5.1.– Il punto di partenza di questo percorso può essere individuato nella direttiva 89/440/CEE del Consiglio, del 18 luglio 1989, che modifica la direttiva 71/305/CEE che coordina le procedure di aggiudicazione degli appalti di lavori pubblici. In particolare, l’art. 1, numero 2), della direttiva 89/440/CEE aveva aggiunto una serie di articoli nel corpo della direttiva 71/305/CEE del Consiglio, del 26 luglio 1971 e, tra questi, l’art. 1-ter, paragrafo 2, secondo cui «[l]’amministrazione aggiudicatrice può: – imporre al concessionario di affidare a terzi appalti corrispondenti a una percentuale minima del 30% del valore globale dei lavori oggetto della concessione, pur prevedendo la facoltà per i candidati di aumentare detta percentuale; questa percentuale minima deve figurare nel contratto di concessione di lavori; – oppure invitare i candidati concessionari a dichiarare nelle loro offerte la percentuale, ove sussista, del valore globale dei lavori oggetto della concessione che essi intendono affidare a terzi».
Questa previsione si inseriva in un contesto di significative innovazioni della disciplina de qua, nella quale si prevedeva, tra l’altro, che «[l]e amministrazioni aggiudicatrici che intendono ricorrere alla concessione di lavori pubblici rendono nota tale intenzione con un bando di gara», e che «[i] concessionari di lavori che non sono le amministrazioni aggiudicatrici e che intendono stipulare un appalto di lavori con un terzo, ai sensi dell’articolo 1-ter, paragrafo 4, fanno conoscere tale intenzione con un bando di gara» (così, rispettivamente, paragrafi 3 e 4 dell’art. 12 della direttiva 71/305/CEE, come novellato dall’art. 1, numero 12, della direttiva 89/440/CEE).
Le due direttive citate (71/305/CEE e 89/440/CEE) sono state abrogate dall’art. 36 della direttiva 93/37/CEE del Consiglio, del 14 giugno 1993, che coordina le procedure di aggiudicazione degli appalti pubblici di lavori, a sua volta abrogata dall’art. 82 della direttiva 2004/18/CE del Parlamento europeo e del Consiglio, del 31 marzo 2004, relativa al coordinamento delle procedure di aggiudicazione degli appalti pubblici di lavori, di forniture e di servizi.
L’art. 3, paragrafo 2, della direttiva 93/37/CEE, riproducendo sostanzialmente quanto già disposto dalla direttiva 89/440/CEE, stabiliva che «[l]’amministrazione aggiudicatrice può: – imporre al concessionario di lavori pubblici di affidare a terzi appalti corrispondenti a una percentuale minima del 30% del valore globale dei lavori oggetto della concessione, pur prevedendo la facoltà per i candidati di aumentare tale percentuale.

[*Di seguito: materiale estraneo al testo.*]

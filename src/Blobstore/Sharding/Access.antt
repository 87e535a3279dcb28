-- ===== src/Blobstore/Sharding/Access.antt =====
-- The operations of pkg/blobstore/sharding/sharding_blob_access.go on the backends, each of which is
-- known by its index. `backend_of` is getBackend, and `states` are the states of the backends.
use bazel_buildbarn.Prelude.{
  ℕ, List, [], ◌∷◌, ◌++◌, Option, none, some, Bool, true, false, ◌==◌, if◌then◌else◌, filter,
}
use bazel_buildbarn.Util.Status.{Result, ok, err, fatal, Error, ◌>>=◌}
use bazel_buildbarn.Util.Digest.{Digest}
use bazel_buildbarn.Util.Reader.{Reader}
use bazel_buildbarn.Blobstore.BlobAccess.{BlobAccess}

abbrev pub with_state : {S : Type 0} → ℕ → S → (ℕ → S) → ℕ → S
with_state i s states j = if j == i then s else states j

-- What a call of one backend leaves.
abbrev pub at_backend : {A S : Type 0} → (ℕ → S) → ℕ → A × S → A × (ℕ → S)
at_backend states i (a, s) = (a, with_state i s states)

abbrev pub is_empty : List Digest → Bool
is_empty [] = true
is_empty (digest ∷ digests) = false

-- The missing digests and the error of FindMissing, from one result and those that come after it.
unfoldable pub combine :
    Result (List Digest) → Result (List Digest × Option Error) → Result (List Digest × Option Error)
combine (ok missing) rest = rest >>= λ (others, e). ok (missing ++ others, e)
combine (err e) (ok (others, none)) = ok (others, some e)
combine (err e) rest = rest
combine fatal rest = fatal

-- With an error, callers do not look at the digests.
unfoldable pub concluded : Result (List Digest × Option Error) → Result (List Digest)
concluded (ok (missing, none)) = ok missing
concluded (ok (missing, some e)) = err e
concluded (err e) = err e
concluded fatal = fatal

module _ {S R : Type 0} (backends : ℕ → BlobAccess S R) (backend_of : Digest → ℕ)
    (arrival : List Digest → List ℕ) where
  abbrev pub get : (ℕ → S) → Digest → Result (ℕ × (ℕ × R)) × (ℕ → S)
  get states digest =
      let i = backend_of digest in
      let (r, s) = (backends i).get (states i) digest in
      (r >>= λ (size_bytes, reader). ok (size_bytes, (i, reader)), with_state i s states)

  abbrev pub put : (ℕ → S) → Digest → ℕ → Reader → Result (Unit {0}) × (ℕ → S)
  put states digest size_bytes r =
      let i = backend_of digest in
      at_backend states i ((backends i).put (states i) digest size_bytes r)

  abbrev pub delete : (ℕ → S) → Digest → Result (Unit {0}) × (ℕ → S)
  delete states digest =
      let i = backend_of digest in at_backend states i ((backends i).delete (states i) digest)

  -- digestsPerBackend
  abbrev pub digests_for : List Digest → ℕ → List Digest
  digests_for digests i = filter (λ digest. backend_of digest == i) digests

  abbrev pub call_find_missing : (ℕ → S) → List Digest → ℕ → Result (List Digest) × S
  call_find_missing states digests i = (backends i).find_missing (states i) (digests_for digests i)

  -- The results, in the order in which they arrive.
  unfoldable pub collect : (ℕ → S) → List Digest → List ℕ → Result (List Digest × Option Error)
  collect states digests [] = ok ([], none)
  collect states digests (i ∷ is) =
      combine (call_find_missing states digests i).0 (collect states digests is)

  -- Each backend that has some of the digests is called once, on a state of its own.
  unfoldable pub states_after : (ℕ → S) → List Digest → ℕ → S
  states_after states digests i =
      if is_empty (digests_for digests i) then states i else (call_find_missing states digests i).1

  abbrev pub find_missing : (ℕ → S) → List Digest → Result (List Digest) × (ℕ → S)
  find_missing states digests =
      (concluded (collect states digests (arrival digests)), states_after states digests)

  -- The reader is that of one of the backends.
  abbrev pub reading : ℕ × R → (ℕ → S) → Reader × (ℕ → S)
  reading (i, r) states = at_backend states i ((backends i).reading r (states i))

  unfoldable pub sharding_blob_access : BlobAccess (ℕ → S) (ℕ × R)
  sharding_blob_access = record {
    get = get;
    put = put;
    delete = delete;
    find_missing = find_missing;
    reading = reading;
  }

Detta percentuale minima deve figurare nel contratto di concessione di lavori; – oppure invitare i candidati concessionari a dichiarare nelle loro offerte la percentuale, ove sussista, del valore globale dei lavori oggetto della concessione che essi intendono affidare a terzi».
Analogamente a quanto previsto nella direttiva 89/440/CEE, si prevedeva altresì che la concessione di lavori pubblici dovesse avvenire previa pubblicazione di bando di gara (art. 11, paragrafo 3).
Nella direzione tracciata dal legislatore comunitario si collocava anche l’art. 2 della legge 11 febbraio 1994, n. 109 (Legge quadro in materia di lavori pubblici), che, già nel suo testo originario, trasformava in un obbligo la facoltà – prevista dalla normativa comunitaria – per l’amministrazione aggiudicatrice di imporre al concessionario di lavori pubblici di affidare a terzi appalti corrispondenti a una data percentuale minima. In particolare, si prevedeva che i «concessionari di lavori pubblici, [i] concessionari di esercizio di infrastrutture destinate al pubblico servizio, [le] società con capitale pubblico, in misura anche non prevalente, che abbiano ad oggetto della propria attività la produzione di beni o servizi non destinati ad essere collocati sul mercato in regime di libera concorrenza nonché, qualora operino in virtù di diritti speciali o esclusivi, [i] concessionari di servizi pubblici e [i] soggetti di cui alla direttiva 93/38/CEE del Consiglio, del 14 giugno 1993», «sono obbligati ad appaltare a terzi i lavori pubblici non realizzati direttamente o tramite imprese controllate […]» (art. 2, commi 2, lettera b, e 4, della legge n. 109 del 1994).
Si prevedeva, altresì, una deroga, sia pure limitata ai soli «tre anni successivi alla data di entrata in vigore della […] legge», nel senso che i soggetti di cui sopra potevano «far eseguire i lavori oggetto della concessione ad imprese collegate, nella misura massima del 30 per cento» (art. 2, comma 5, della legge n. 109 del 1994).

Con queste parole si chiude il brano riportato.